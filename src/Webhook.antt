-- ===== src/Webhook.antt =====
-- webhook/internal/webhook/webhook.go. The listers and the client of the API server are the functions of
-- `Cluster`; decoding a request and a pod is done by packages outside the repository, so a decoded
-- request or pod, or the error, is an argument.
pub mod Asked
pub mod Decision
pub mod Patch
pub mod Certs
pub mod SelfSigned
pub mod CaBundle
use kubernetes_external_prov.Base.{
  Bool, Dict, Error, List, Option, Result, String, [], err, errorf, false, if◌then◌else◌, none, ok,
  read, some, true, wrap, wrapf, ℕ, ◌==◌, ◌>>=◌, ◌^^◌, ◌∷◌,
}
use kubernetes_external_prov.Models.{label_uuid_prefix, pvc_annotation_uuid}

-- A volume of a pod: the name of its claim, if it is one.
pub record Volume : Type 0 where
  pub claim_name : Option String

pub record Pod : Type 0 where
  pub name : String
  pub namespace : String
  pub volumes : List Volume
  pub node_selector : Option (Dict String)

-- `patchOp`, with the two kinds of values that the code gives.
pub data PatchValue : Type 0 where
  text : String → PatchValue
  object : Dict String → PatchValue

pub record PatchOp : Type 0 where
  pub op : String
  pub path : String
  pub value : PatchValue

-- `AdmissionResponse`: the patch is none without one; the denial is the message of its status.
pub record Response : Type 0 where
  pub uid : String
  pub allowed : Bool
  pub patch : Option (List PatchOp)
  pub denial : Option (ℕ × Error)

-- The struct `Webhook`, as what it asks of the cluster at the time of the request: the claim's annotations from the
-- informer's cache and from the API server, and the names of the nodes with a label.
pub record Cluster : Type 0 where
  pub cached_pvc : String → String → Result (Dict String)
  pub live_pvc : String → String → Result (Dict String)
  pub list_nodes : String → String → Result (List String)

-- `New`, at one time: what the client, the lister of claims and that of nodes answer then.
abbrev pub new_webhook :
    (live_pvc cached_pvc : String → String → Result (Dict String))
    (list_nodes : String → String → Result (List String))
    → Cluster
new_webhook live_pvc cached_pvc list_nodes = record {
  cached_pvc = cached_pvc;
  live_pvc = live_pvc;
  list_nodes = list_nodes;
}

abbrev pub allow : String → Response
allow uid = record { uid = uid; allowed = true; patch = none; denial = none }

abbrev pub deny : String → Error → Response
deny uid message = record { uid = uid; allowed = false; patch = none; denial = some (403, message) }

-- `buildNodeSelectorPatch`
unfoldable pub build_node_selector_patch : Pod → String → List PatchOp
build_node_selector_patch pod node_name = elim pod.node_selector [
  | none ↦
      record {
        op = "add";
        path = "/spec/nodeSelector";
        value = object (("kubernetes.io/hostname", node_name) ∷ []);
      }
      ∷ []
  | some selector ↦
      record {
        op = "add";
        path = "/spec/nodeSelector/kubernetes.io~1hostname";
        value = text node_name;
      }
      ∷ []
]

abbrev pub uuid_or : Result String → Result (Dict String) → Result String
uuid_or rest (err e) = err e
uuid_or rest (ok annotations) =
    let uuid = read pvc_annotation_uuid annotations in if uuid == "" then rest else ok uuid

abbrev pub first_node : List String → String
first_node [] = ""
first_node (n ∷ ns) = n

abbrev pub with_node : String → Pod → String → Result String → Response
with_node uid pod uuid (err e) =
    deny uid (wrapf "failed to find node for disk UUID %s: %v" (uuid ∷ []) e)
with_node uid pod uuid (ok node_name) =
    if node_name == ""
    then deny uid (
        errorf "no node has disk with UUID %s (label %s%s not found on any node)"
          (uuid ∷ label_uuid_prefix ∷ uuid ∷ []))
    else record {
      uid = uid;
      allowed = true;
      patch = some (build_node_selector_patch pod node_name);
      denial = none;
    }

-- The HTTP answer: a bad request, or the review with the response in place of the request.
pub data Reply : Type 0 where
  bad_request : Error → Reply
  reviewed : Response → Reply

module _ (cluster : Cluster) where
  -- The cache, and the API server if the cache misses.
  unfoldable pub get_pvc : String → String → Result (Dict String)
  get_pvc namespace name = elim (cluster.cached_pvc namespace name) [
    | ok annotations ↦ ok annotations
    | err e ↦ wrap "get PVC %s/%s: %w" (namespace ∷ name ∷ []) (cluster.live_pvc namespace name)
  ]

  -- The loop of `diskUUIDForPod`.
  unfoldable pub disk_uuid_from : String → List Volume → Result String
  unfolding get_pvc
  disk_uuid_from namespace [] = ok ""
  disk_uuid_from namespace (vol ∷ vols) =
      let rest = disk_uuid_from namespace vols in
      elim vol.claim_name [ none ↦ rest | some name ↦ uuid_or rest (get_pvc namespace name) ]

  -- `diskUUIDForPod`
  unfoldable pub disk_uuid_for_pod : Pod → Result String
  unfolding disk_uuid_from
  disk_uuid_for_pod pod = disk_uuid_from pod.namespace pod.volumes

  -- `findNodeForUUID`
  unfoldable pub find_node_for_uuid : String → Result String
  find_node_for_uuid uuid = do
    nodes ←
        wrap "list nodes with label %s: %w" ((label_uuid_prefix ^^ uuid) ∷ [])
          (cluster.list_nodes (label_uuid_prefix ^^ uuid) "true")
    ok (first_node nodes)

  abbrev pub with_uuid : String → Pod → Result String → Response
  with_uuid uid pod (err e) = deny uid (wrapf "failed to resolve disk UUID: %v" [] e)
  with_uuid uid pod (ok uuid) =
      if uuid == "" then allow uid else with_node uid pod uuid (find_node_for_uuid uuid)

  -- `mutate`, of a request with that UID and that pod.
  unfoldable pub mutate : String → Result Pod → Response
  unfolding disk_uuid_for_pod find_node_for_uuid build_node_selector_patch
  mutate uid (err e) = deny uid (wrapf "failed to decode pod: %v" [] e)
  mutate uid (ok pod) = with_uuid uid pod (disk_uuid_for_pod pod)

  -- `Handle`, of a decoded review: its request is there or not.
  unfoldable pub handle : Result (Option (String × Result Pod)) → Reply
  unfolding mutate
  handle (err e) = bad_request (wrapf "decode AdmissionReview: %v" [] e)
  handle (ok none) = bad_request (errorf "missing request in AdmissionReview" [])
  handle (ok (some (uid, pod))) = reviewed (mutate uid pod)
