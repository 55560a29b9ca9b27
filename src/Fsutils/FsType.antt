-- ===== src/Fsutils/FsType.antt =====
-- cmd-drivers/fsutils/fstype.go: the supported filesystem types and the parser of lists of them.
-- An `FSType` is its text.
pub mod Parsing
pub mod RoundTrip
use Prim.Native.Char.{Char, code}
use Prim.Native.String
use kubernetes_external_prov.Base.{
  Bool, List, Result, String, [], contains, eqb, err, errorf, if◌then◌else◌, join, leb, ok, ℕ, ◌&&◌,
  ◌++◌, ◌==◌, ◌||◌, ◌∷◌,
}

abbrev pub FsType : Type 0
FsType = String

abbrev pub valid_fs_types : List FsType
valid_fs_types = "ext4" ∷ "xfs" ∷ "vfat" ∷ "ntfs" ∷ []

-- `IsValidFSType`
unfoldable pub is_valid_fs_type : String → Bool
unfolding contains
is_valid_fs_type s = contains valid_fs_types s

abbrev pub cons_head : Char → List String → List String
cons_head c [] = String.◌∷◌ c "" ∷ []
cons_head c (x ∷ xs) = String.◌∷◌ c x ∷ xs

-- `strings.Split(csv, ",")`
unfoldable pub split_comma : String → List String
split_comma String.[] = "" ∷ []
split_comma (String.◌∷◌ c s) =
    let rest = split_comma s in if eqb (code c) b',' then "" ∷ rest else cons_head c rest

-- `unicode.IsSpace`
abbrev pub is_space : ℕ → Bool
is_space n =
    (leb 9 n && leb n 13)
    || eqb n 32
    || eqb n 0x85
    || eqb n 0xa0
    || eqb n 0x1680
    || (leb 0x2000 n && leb n 0x200a)
    || eqb n 0x2028
    || eqb n 0x2029
    || eqb n 0x202f
    || eqb n 0x205f
    || eqb n 0x3000

unfoldable pub trim_left : String → String
trim_left String.[] = ""
trim_left (String.◌∷◌ c s) =
    let rest = trim_left s in if is_space (code c) then rest else String.◌∷◌ c s

abbrev pub cons_unless_blank : Char → String → String
cons_unless_blank c String.[] = if is_space (code c) then "" else String.◌∷◌ c ""
cons_unless_blank c (String.◌∷◌ d s) = String.◌∷◌ c (String.◌∷◌ d s)

unfoldable pub trim_right : String → String
trim_right String.[] = ""
trim_right (String.◌∷◌ c s) = cons_unless_blank c (trim_right s)

-- `strings.TrimSpace`
unfoldable pub trim_space : String → String
unfolding trim_left trim_right
trim_space s = trim_right (trim_left s)

-- `validFSTypeNames`, which `ValidFSTypeList` returns.
unfoldable pub valid_fs_type_names : String
unfolding join
valid_fs_type_names = join ", " valid_fs_types

abbrev pub unsupported : {A : Type 0} → String → Result A
unsupported p =
    err (errorf "unsupported filesystem type %q: must be one of %s" (p ∷ valid_fs_type_names ∷ []))

-- The loop of `ParseFSTypes`, over what `Split` gave; `result` is what was appended so far.
unfoldable pub parse_parts : List FsType → List String → Result (List FsType)
unfolding trim_space is_valid_fs_type
parse_parts result [] = ok result
parse_parts result (p ∷ ps) =
    let trimmed = trim_space p in
    let skipped = parse_parts result ps in
    let kept = parse_parts (result ++ trimmed ∷ []) ps in
    if trimmed == ""
    then skipped
    else if is_valid_fs_type trimmed
    then kept
    else unsupported trimmed

-- `ParseFSTypes`
unfoldable pub parse_fs_types : String → Result (List FsType)
unfolding parse_parts split_comma
parse_fs_types csv = parse_parts [] (split_comma csv)

-- `FSTypesToStrings`
unfoldable pub fs_types_to_strings : List FsType → List String
fs_types_to_strings [] = []
fs_types_to_strings (t ∷ ts) = t ∷ fs_types_to_strings ts
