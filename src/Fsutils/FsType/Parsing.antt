-- ===== src/Fsutils/FsType/Parsing.antt =====
-- `ParseFSTypes` against the list of its entries, and as the inverse of joining.
use Prim.Native.Char.{code}
use text.Mathlib.TextLemmas.{nil-append, cons-append}
use mathlib.Core.List.{append-nil, append_assoc}
use kubernetes_external_prov.Base.{
  Bool, Bool-cases, List, Option, Result, String, [], ap, arith, eqb, filter, find?, inl, inr, map,
  none, not, ok, refl, some, true, ◌&&◌, ◌++◌, ◌==◌, ◌^^◌, ◌∙◌, ◌∷◌, ◌≡◌,
}
use kubernetes_external_prov.Fsutils.FsType.{
  FsType, is_space, is_valid_fs_type, parse_fs_types, parse_parts, split_comma, trim_space,
  unsupported,
}

-- The entries of a list: what stands between the commas, trimmed, unless blank.
abbrev pub is_blank : String → Bool
is_blank p = p == ""

abbrev pub entries : String → List String
entries csv = filter (λ p. not (is_blank p)) (map trim_space (split_comma csv))

abbrev pub first_refused : List FsType → Option String → Result (List FsType)
first_refused result none = ok result
first_refused result (some p) = unsupported p

abbrev es : List String → List String
es ps = filter (λ p. not (is_blank p)) (map trim_space ps)

parse_parts-find :
    (ps : List String) (result : List FsType)
    → let es = filter (λ p. not (is_blank p)) (map trim_space ps) in
      parse_parts result ps
      ≡ first_refused (result ++ es) (find? (λ p. not (is_valid_fs_type p)) es)
unfolding parse_parts filter find?
parse_parts-find [] result = rw (append-nil result)
parse_parts-find (p ∷ ps) result = elim (Bool-cases (trim_space p == "")) [
  | inl blank ↦ rw (blank, parse_parts, filter) (parse_parts-find ps result)
  | inr kept ↦ elim (Bool-cases (is_valid_fs_type (trim_space p))) [
    | inl valid ↦
        rw (kept, valid, parse_parts, filter, find?)
          (parse_parts-find ps (result ++ trim_space p ∷ [])
            ∙ ap (λ r. first_refused r (find? (λ q. not (is_valid_fs_type q)) (es ps)))
                (append_assoc result (trim_space p ∷ []) (es ps)))
    | inr refused ↦ rw (kept, refused, parse_parts, filter, find?)
  ]
]

-- The parser returns the entries of the text, in order, if all are supported types; otherwise its
-- error names the first entry that is not.
pub parse_fs_types-find :
    (csv : String)
    → parse_fs_types csv
      ≡ first_refused (entries csv) (find? (λ p. not (is_valid_fs_type p)) (entries csv))
unfolding parse_fs_types
parse_fs_types-find csv = parse_parts-find (split_comma csv) []

-- Texts of blanks only, and texts with no comma.
abbrev pub all_blank : String → Bool
all_blank String.[] = true
all_blank (String.◌∷◌ c s) = is_space (code c) && all_blank s

abbrev pub comma_free : String → Bool
comma_free String.[] = true
comma_free (String.◌∷◌ c s) = not (eqb (code c) b',') && comma_free s

pub split-comma_free : (t : String) → comma_free t ≡ true → split_comma t ≡ t ∷ []
unfolding split_comma
split-comma_free String.[] h = refl
split-comma_free (String.◌∷◌ c s) h = ground (arith, split-comma_free s)

pub split-append_comma :
    (t s : String) → comma_free t ≡ true → split_comma (t ^^ String.◌∷◌ "," s) ≡ t ∷ split_comma s
unfolding split_comma
split-append_comma String.[] s h = rw nil-append
split-append_comma (String.◌∷◌ c t) s h = rw cons-append (ground (arith, split-append_comma t s))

_ _ _

Work request:
Every line containing the string "that" is required; copy each such line from the data.

Result:
-- `patchOp`, with the two kinds of values that the code gives.
-- `New`, at one time: what the client, the lister of claims and that of nodes answer then.
  -- `mutate`, of a request with that UID and that pod.
-- error names the first entry that is not.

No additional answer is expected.